95In this case, senior counsel for Mr Rodger relied upon the supplementary written submissions provided to his Honour as sufficiently raising the issue he now seeks to argue. Those submissions were, relevantly, in the following terms:
"15. [Mr De Gelder] did not file any summons for relief in respect to the determination of the Proper Officer as threatened, but permitted the assessment to proceed. It was only when the further assessment performed by Assessor Best found [Mr De Gelde r's ] whole person impairment was not greater than 10% that proceedings were commenced seeking to challenge the original determination of the Proper Officer. There has been no challenge to the actual assessment performed by Assessor Best. (emphasis as in original written submission)
16. [Mr Rodger] contends that the Court will take these matters into account when considering whether the discretion should be exercised to grant relief. [Mr De Gelder] in submissions has highlighted the obligation to consider the objects of the Act including providing compensation for compensable injuries and encouraging 'the early resolution of compensation claims' (section 5 of the Act).
17. [Mr Rodger] contends that [Mr De Gelder's] conduct in permitting the further assessment to proceed despite the intention to challenge the Proper Officer's determination by way of judicial review is inconsistent with the objects of the Act including ' the early resolution of claims' . In the event [Mr De Gelder] truly believed the Proper Officer had committed jurisdictional error, proceedings for the relief of the type now sought should have been commenced prior to the assessment taking place as foreshadowed in correspondence with [the Authority]. [Mr Rodger] contends that the failure to do so ought to be taken into account by the Court in considering whether to exercise its discretion in favour of [Mr De Gelder]."
96In my opinion, these submissions do not raise the questions of acquiescence and election in the manner in which they are now sought to be argued.

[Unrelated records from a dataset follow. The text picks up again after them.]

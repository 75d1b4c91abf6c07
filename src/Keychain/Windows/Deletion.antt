-- ===== src/Keychain/Windows/Deletion.antt =====
-- store/keychain/keychain_windows.go: what `deleteChunks` and `Delete` do to the credential manager.
use secrets_engine.Keychain.Windows.{
  Credential, credential_not_found, KeychainStore, item_label, item_chunk_label,
}
use secrets_engine.Keychain.Windows.Manager.{
  IsManager, FoldsCase, IsLabel, IsLabel-IsTargetName, chunk-IsTargetName, primary_name, chunk_name,
  chunk_name_inj, item_label_chunk,
}
use secrets_engine.Keychain.Windows.Store.{delete_loop, delete_chunks, delete, get}
use secrets_engine.Maps.{
  Map, remove, remove_absent, removed_also, removed_last, elem, is_some, is_some-false,
}
use secrets_engine.Prelude.{
  ℕ, zero, suc, ◌+◌, ◌≤◌, ◌≡◌, refl, ◌∙◌, true, false, List, [], ◌∷◌, ◌++◌, some, none, ok, err,
  arith, if◌then◌else◌, inl, inr, Bool-cases,
}
use secrets_engine.Secrets.Identifier.{SecretId}
use secrets_engine.Text.Decimal.{itoa}
use secrets_engine.Text.{Bytes, codes, equal_refl, equal_ne}

module _ {S : Type 0} (k : KeychainStore S) (fold : Bytes → Bytes) (i : SecretId) where
  -- The names of the chunks from an index on.
  abbrev pub chunk_names : ℕ → ℕ → List Bytes
  chunk_names index zero = []
  chunk_names index (suc n) = chunk_name k fold i index ∷ chunk_names (suc index) n

  -- From the index on there are `n` chunks, and then none at the next index.
  abbrev pub HasChunks : Map Credential → ℕ → ℕ → Type 0
  HasChunks m index zero = is_some (m (chunk_name k fold i index)) ≡ false
  HasChunks m index (suc n) =
      (is_some (m (chunk_name k fold i index)) ≡ true) × HasChunks m (suc index) n

  HasChunks-removed :
      FoldsCase fold
      → (m m' : Map Credential) (removed index n : ℕ) → suc removed ≤ index
      → ((j : Bytes) → m' j ≡ remove (chunk_name k fold i removed) m j)
      → HasChunks m index n
      → HasChunks m' index n
  HasChunks-removed folds m m' removed index zero b e h =
      rw
        (
          e (chunk_name k fold i index),
          equal_ne (chunk_name k fold i removed) (chunk_name k fold i index)
              (λ z. omega (arith, chunk_name_inj k fold folds i removed index z)),
        )
        h
  HasChunks-removed folds m m' removed index (suc n) b e h = (
    rw
        (
          e (chunk_name k fold i index),
          equal_ne (chunk_name k fold i removed) (chunk_name k fold i index)
              (λ z. omega (arith, chunk_name_inj k fold folds i removed index z)),
        )
        h.0,
    HasChunks-removed folds m m' removed (suc index) n (omega arith) e h.1,
  )

module _ {S : Type 0} (k : KeychainStore S) (fold : Bytes → Bytes) (view : S → Map Credential)
    (IsHealthy : S → Type 0) (manager : IsManager k.wincred fold view IsHealthy)
    (i : SecretId) where
  -- The states whose contents are `m` without the given names.
  abbrev pub Without : List Bytes → Map Credential → S → Type 0
  Without names m s = IsHealthy s × ((j : Bytes) → view s j ≡ (if elem j names then none else m j))

  pub delete_loop_lem :
      (fuel n index : ℕ) (s : S)
      → IsHealthy s
      → IsLabel (item_label k i)
      → index + n ≤ 9223372036854775807
      → HasChunks k fold i (view s) index n
      → suc n ≤ fuel
      → (s' : S) × (delete_loop k fuel i index s ≡ some (ok tt, s'))
        × Without (chunk_names k fold i index n) (view s) s'
  unfolding delete_loop
  delete_loop_lem zero n index s h l r c b = absurd (omega arith)
  delete_loop_lem (suc f) zero index s h l r c b =
      let d =
        manager.delete_view (item_chunk_label k i index) s h
          (chunk-IsTargetName k i index l (omega arith)) in
      (_, rw (delete_loop, d.0, c) refl, (d.1, λ j. d.2 j ∙ remove_absent _ (view s) j c))
  delete_loop_lem (suc f) (suc n) index s h l r c b =
      let d =
        manager.delete_view (item_chunk_label k i index) s h
          (chunk-IsTargetName k i index l (omega arith)) in
      let s1 = (k.wincred.delete_credential (item_chunk_label k i index) s).1 in
      let ih =
        delete_loop_lem f n (suc index) s1 d.1 l (omega arith)
          (HasChunks-removed k fold i manager.folds (view s) (view s1) index (suc index) n
            (omega arith) d.2 c.1)
          (omega arith) in
      (
        ih.0,
        rw (delete_loop, d.0, c.0) ih.1,
        (
          ih.2.0,
          λ j.
              ih.2.1 j
              ∙ removed_also (chunk_name k fold i index) (chunk_names k fold i (suc index) n)
                  (view s) _ j (d.2 j),
        ),
      )

  chunk_zero_gone :
      (n : ℕ) (m : Map Credential)
      → HasChunks k fold i m 0 n
      → (if elem (chunk_name k fold i 0) (primary_name k fold i ∷ chunk_names k fold i 0 n)
          then none
          else m (chunk_name k fold i 0))
        ≡ none
  chunk_zero_gone zero m c = rw (is_some-false _ c) (ground arith)
  chunk_zero_gone (suc n) m c = rw (equal_refl (chunk_name k fold i 0)) (ground arith)

  -- Suppose that the credential manager is healthy, that the secret's label has at most 32,000 bytes, none of
  -- them zero, in UTF-8, and that there are credentials under the names of exactly `n` chunks of the secret, at
  -- most 2^63 - 1, from index 0 on. Then `delete` with fuel over `n` ends without an error; what is left is
  -- all but the credentials whose target name is that of the secret or of one of those chunks. Names that
  -- differ in the case of letters are the same.
  pub delete_lem :
      (fuel n : ℕ) (s : S)
      → IsHealthy s
      → IsLabel (item_label k i)
      → n ≤ 9223372036854775807
      → HasChunks k fold i (view s) 0 n
      → suc n ≤ fuel
      → (s' : S) × (delete k fuel i s ≡ some (ok tt, s'))
        × Without (primary_name k fold i ∷ chunk_names k fold i 0 n) (view s) s'
  unfolding delete delete_chunks
  delete_lem fuel n s h l r c b =
      let chunks = delete_loop_lem fuel n 0 s h l (omega arith) c b in
      let d = manager.delete_view (item_label k i) chunks.0 chunks.2.0 (IsLabel-IsTargetName _ l) in
      (
        (k.wincred.delete_credential (item_label k i) chunks.0).1,
        rw (delete, delete_chunks, chunks.1)
            (elim (Bool-cases (is_some (view chunks.0 (primary_name k fold i)))) [
              | inl e ↦ rw (d.0, e)
              | inr e ↦ rw (d.0, e)
            ]),
        (
          d.1,
          λ j.
              d.2 j
              ∙ removed_last (primary_name k fold i) (chunk_names k fold i 0 n) (view s)
                  (view chunks.0) j (chunks.2.1 j),
        ),
      )

  -- Under the conditions of `delete_lem`: after `delete` of the identifier, the identifier `i:chunk:0` has no
  -- secret, whatever was stored for it before.
  pub delete_clobbers :
      (fuel n : ℕ) (s : S)
      → IsHealthy s
      → IsLabel (item_label k i)
      → n ≤ 9223372036854775807
      → HasChunks k fold i (view s) 0 n
      → suc n ≤ fuel
      → (s' : S) × (delete k fuel i s ≡ some (ok tt, s'))
        × ((keys : List Bytes)
            → get k keys (i ++ (codes ":chunk:" ++ itoa 0)) s' ≡ err credential_not_found)
  unfolding get
  delete_clobbers fuel n s h l r c b =
      let (s', e, (healthy, v)) = delete_lem fuel n s h l r c b in
      (
        s',
        e,
        λ keys.
            rw
              (
                item_label_chunk k i 0,
                manager.get_view (item_chunk_label k i 0) s' healthy
                    (chunk-IsTargetName k i 0 l (omega arith)),
                v (chunk_name k fold i 0),
                chunk_zero_gone n (view s) c,
              )
              refl,
      )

Rather, they are directed to the statutory mandate for the early resolution of claims, which was correctly understood by his Honour to be a submission in relation to delay. In the normal course, I would not have allowed the questions of acquiescence and election as argued by senior counsel for Mr Rodger to be raised on the appeal. However, as I have fully dealt with those questions, I reject Mr Rodger's challenge to his Honour's exercise of discretion on the basis that even had they been raised at trial, they would have been decided adversely to Mr Rodger.